[YOUR ASSIGNMENT]: Find the line that contains "task-Gives : Gives" in the entries below. Write out that line and all that follow it, unchanged and alone.

Saved data entries:
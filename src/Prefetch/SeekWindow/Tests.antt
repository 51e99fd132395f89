-- ===== src/Prefetch/SeekWindow/Tests.antt =====
-- The seek window at concrete inputs: a window that holds the first part of the sample object.
use mountpoint_s.Prelude.{◌≤◌, ◌<◌, ◌≡◌, refl, ◌⊎◌, List, [], ◌∷◌, none, some, arith}
use mountpoint_s.Checksums.Sample.{sum_crc}
use mountpoint_s.Prefetch.Part.{Part}
use mountpoint_s.Prefetch.Sample.{object, id, first, second, first-Holds, second-Holds}
use mountpoint_s.Prefetch.Stream.{Run}
use mountpoint_s.Prefetch.SeekWindow.{SeekWindow, push, read_back}
use mountpoint_s.Prefetch.SeekWindow.Inv.{EndsAt, Kept, push_lem}
use mountpoint_s.Prefetch.SeekWindow.Back.{read_back_lem}

abbrev window : SeekWindow
window = record { parts = first ∷ []; max_size = 4; current_size = 2 }

window-EndsAt : EndsAt sum_crc id object window 2
window-EndsAt = record {
  run = (first-Holds, refl, omega arith, refl);
  size_le = omega arith;
  size_max = omega arith;
  max_small = omega arith;
  to_small = omega arith;
}

push_lem_example :
    (w' : SeekWindow) × (push window second ≡ some w')
    × EndsAt sum_crc id object w' 5
    × (w'.max_size ≡ 4)
    × Kept window second w'
push_lem_example =
    push_lem sum_crc id object window second 2 window-EndsAt second-Holds refl (omega arith)
      (omega arith)

read_back_lem_example :
    ((1 ≤ 2)
      × (parts : List Part) × (w' : SeekWindow) × (read_back window 1 ≡ some (some parts, w'))
      × Run sum_crc id object parts 1 2
      × EndsAt sum_crc id object w' 1
      × (w'.max_size ≡ 4))
    ⊎ ((2 < 1) × (read_back window 1 ≡ some (none, window)))
read_back_lem_example = read_back_lem sum_crc id object window 2 1 (omega arith) window-EndsAt
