-- ===== src/Prefetch/Task/Tests.antt =====
-- A task at concrete inputs: its queue has the second part, and the first comes back by a seek.
use mountpoint_s.Prelude.{◌≡◌, refl, inr, [], ◌∷◌, true, some, false, arith}
use mountpoint_s.Checksums.Sample.{sum_crc}
use mountpoint_s.Prefetch.Sample.{
  object, id, first, second, controller, shared, first-Holds, second-Holds,
}
use mountpoint_s.Prefetch.PartQueue.{part}
use mountpoint_s.Prefetch.Backpressure.{Shared}
use mountpoint_s.Prefetch.Task.{RequestTask, push_front, read}
use mountpoint_s.Prefetch.Task.Reads.{Gives, TaskReads, task_read_lem, task_push_front_lem}

abbrev task : RequestTask
task = record {
  remaining = 3;
  range = record { object_size = 5; offset = 0; size = 5 };
  part_queue = record {
    front_queue = [];
    received = [];
    pending = part second ∷ [];
    failed = false;
    bytes_received = 2;
  };
  controller = controller;
}

task-Gives : Gives sum_crc id object true task shared 2
task-Gives = record {
  feeds = record {
    usable = refl;
    mid = 2;
    front = refl;
    rest = (second-Holds, refl, omega arith, inr refl);
  };
  remaining = refl;
  controller = omega arith;
  limit = omega arith;
}

task_read_lem_example : TaskReads sum_crc id object true 2 2 (read task shared 1 2)
task_read_lem_example =
    task_read_lem sum_crc id object true task shared 1 2 2 (omega arith) (omega arith) (omega arith)
      task-Gives

task_push_front_lem_example :
    (t' : RequestTask) × (s' : Shared) × (push_front task shared (first ∷ []) ≡ some (t', s'))
    × Gives sum_crc id object true t' s' 0
task_push_front_lem_example =
    task_push_front_lem sum_crc id object true (first ∷ []) task shared 0 2 (omega arith)
      (first-Holds, refl, omega arith, refl) task-Gives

[WRITTEN RESPONSE]:
task-Gives : Gives sum_crc id object true task shared 2
task-Gives = record {
  feeds = record {
    usable = refl;
    mid = 2;
    front = refl;
    rest = (second-Holds, refl, omega arith, inr refl);
  };
  remaining = refl;
  controller = omega arith;
  limit = omega arith;
}

task_read_lem_example : TaskReads sum_crc id object true 2 2 (read task shared 1 2)
task_read_lem_example =
    task_read_lem sum_crc id object true task shared 1 2 2 (omega arith) (omega arith) (omega arith)
      task-Gives

task_push_front_lem_example :
    (t' : RequestTask) × (s' : Shared) × (push_front task shared (first ∷ []) ≡ some (t', s'))
    × Gives sum_crc id object true t' s' 0
task_push_front_lem_example =
    task_push_front_lem sum_crc id object true (first ∷ []) task shared 0 2 (omega arith)
      (first-Holds, refl, omega arith, refl) task-Gives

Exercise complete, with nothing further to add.